[Start of section]
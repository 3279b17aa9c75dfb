-- ===== src/JobService/Final.antt =====
-- `cancel` of the service never overwrites a finished job.
use partha.Prelude.{
  ℕ, ◌≡◌, refl, sym, ◌∙◌, ap, Bool, true, false, some, List, ◌==◌, arith, inl, inr, Bool-cases,
  ==_iff,
}
use partha.Table.{find, update_row}
use partha.Table.Laws.{touch, find-update_row_self, find-update_row_ne}
use partha.Jobs.{JobStatus, AnalysisJob, job_key, is_queued, is_running}
use partha.Jobs.Valid.{is_terminal}
use partha.Session.{Session, statement}
use partha.Session.Rules.{Ensures-modify, Ensures-commit, Ensures-rollback, Ensures-read_clock}
use partha.Session.Keeps.{Keeps, kept}
use partha.JobService.{AnalysisJobService}
use partha.JobService.Cancel.{cancelled_job, flagged_job, cancel_repository, update_job, cancel}
use partha.JobService.Valid.{Admits, Keeps-cancel}

-- The table has the row, both as committed and in the open transaction.
pub record Stays (row : AnalysisJob) (s : Session) : Type 0 where
  pub stored : find job_key row.id s.committed.jobs ≡ some row
  pub open_row : find job_key row.id s.work.jobs ≡ some row

-- A guarded update whose guard the row fails leaves the row as it is.
find-update_row_failed :
    (id : ℕ) (p : AnalysisJob → Bool) (f : AnalysisJob → AnalysisJob)
    → ((j : AnalysisJob) → (f j).id ≡ j.id)
    → (row : AnalysisJob) (jobs : List AnalysisJob) → p row ≡ false
    → find job_key row.id jobs ≡ some row
    → find job_key row.id (update_row job_key id p f jobs).0 ≡ some row
find-update_row_failed id p f same row jobs fails here = elim (Bool-cases (row.id == id)) [
  | inl e ↦
      let at_id = (==_iff row.id id).0 e in
      let kept_row : touch p f (some row) ≡ some row = rw fails refl in
      ap (λ (i : ℕ). find job_key i (update_row job_key id p f jobs).0) at_id
      ∙ find-update_row_self job_key id p f same jobs
      ∙ ap (touch p f) (sym (ap (λ (i : ℕ). find job_key i jobs) at_id) ∙ here)
      ∙ kept_row
  | inr e ↦ find-update_row_ne job_key id p f same row.id (ground arith) jobs ∙ here
]

module _ (service : AnalysisJobService) (row : AnalysisJob)
    (final : is_terminal row.status ≡ true) where
  Stays-update_job :
      (id : ℕ) (in_state : JobStatus → Bool) (values : AnalysisJob → AnalysisJob)
      → ((j : AnalysisJob) → (values j).id ≡ j.id)
      → in_state row.status ≡ false
      → Keeps (Stays row) (update_job service id in_state values)
  unfolding update_job statement
  Stays-update_job id in_state values same out = record {
    at = λ s h. record {
      stored = h.stored;
      open_row =
          find-update_row_failed id _ values same row s.work.jobs (ground (arith, out)) h.open_row;
    };
  }

  Admits-Stays : Admits service (Stays row)
  unfolding cancel_repository
  Admits-Stays = record {
    on_commit =
        Ensures-commit (Stays row) (λ s h. record { stored = h.open_row; open_row = h.open_row });
    on_rollback =
        Ensures-rollback (Stays row) (λ s h. record { stored = h.stored; open_row = h.stored });
    on_clock =
        Ensures-read_clock (λ _. Stays row) service.clock
          (λ s h. record { stored = h.stored; open_row = h.open_row });
    on_flag = λ id now.
        Stays-update_job id is_running (flagged_job now) (λ _. refl) (ground (arith, final));
    on_cancel = λ id now.
        Stays-update_job id is_queued (cancelled_job now) (λ _. refl) (ground (arith, final));
    on_record = λ id.
        Ensures-modify (Stays row) _ (λ s h. record { stored = h.stored; open_row = h.open_row });
  }

  -- A finished job (completed, failed or cancelled) that both the committed table and the session's
  -- own transaction have is there unchanged after a cancellation of any repository, in the committed
  -- table too, however the cancellation ends and whichever of its tries meet a lock.
  pub cancel_keeps_final :
      (busy : ℕ → Bool) (repository_id : ℕ) (s : Session)
      → find job_key row.id s.committed.jobs ≡ some row
      → find job_key row.id s.work.jobs ≡ some row
      → find job_key row.id (cancel service busy repository_id s).1.committed.jobs ≡ some row
  cancel_keeps_final busy repository_id s stored open_row =
      (kept _ (Keeps-cancel service Admits-Stays busy repository_id) s
        (record { stored = stored; open_row = open_row })).stored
[End of section]
• Task details:
Restate the listing exactly, starting at its first line and ending at the line where "-- A guarded" occurs; include both and no other lines.

• Expected answer:
repository 3279b17aa9c75dfb
-- ===== src/JobService/Final.antt =====
-- `cancel` of the service never overwrites a finished job.
use partha.Prelude.{
  ℕ, ◌≡◌, refl, sym, ◌∙◌, ap, Bool, true, false, some, List, ◌==◌, arith, inl, inr, Bool-cases,
  ==_iff,
}
use partha.Table.{find, update_row}
use partha.Table.Laws.{touch, find-update_row_self, find-update_row_ne}
use partha.Jobs.{JobStatus, AnalysisJob, job_key, is_queued, is_running}
use partha.Jobs.Valid.{is_terminal}
use partha.Session.{Session, statement}
use partha.Session.Rules.{Ensures-modify, Ensures-commit, Ensures-rollback, Ensures-read_clock}
use partha.Session.Keeps.{Keeps, kept}
use partha.JobService.{AnalysisJobService}
use partha.JobService.Cancel.{cancelled_job, flagged_job, cancel_repository, update_job, cancel}
use partha.JobService.Valid.{Admits, Keeps-cancel}

-- The table has the row, both as committed and in the open transaction.
pub record Stays (row : AnalysisJob) (s : Session) : Type 0 where
  pub stored : find job_key row.id s.committed.jobs ≡ some row
  pub open_row : find job_key row.id s.work.jobs ≡ some row

-- A guarded update whose guard the row fails leaves the row as it is.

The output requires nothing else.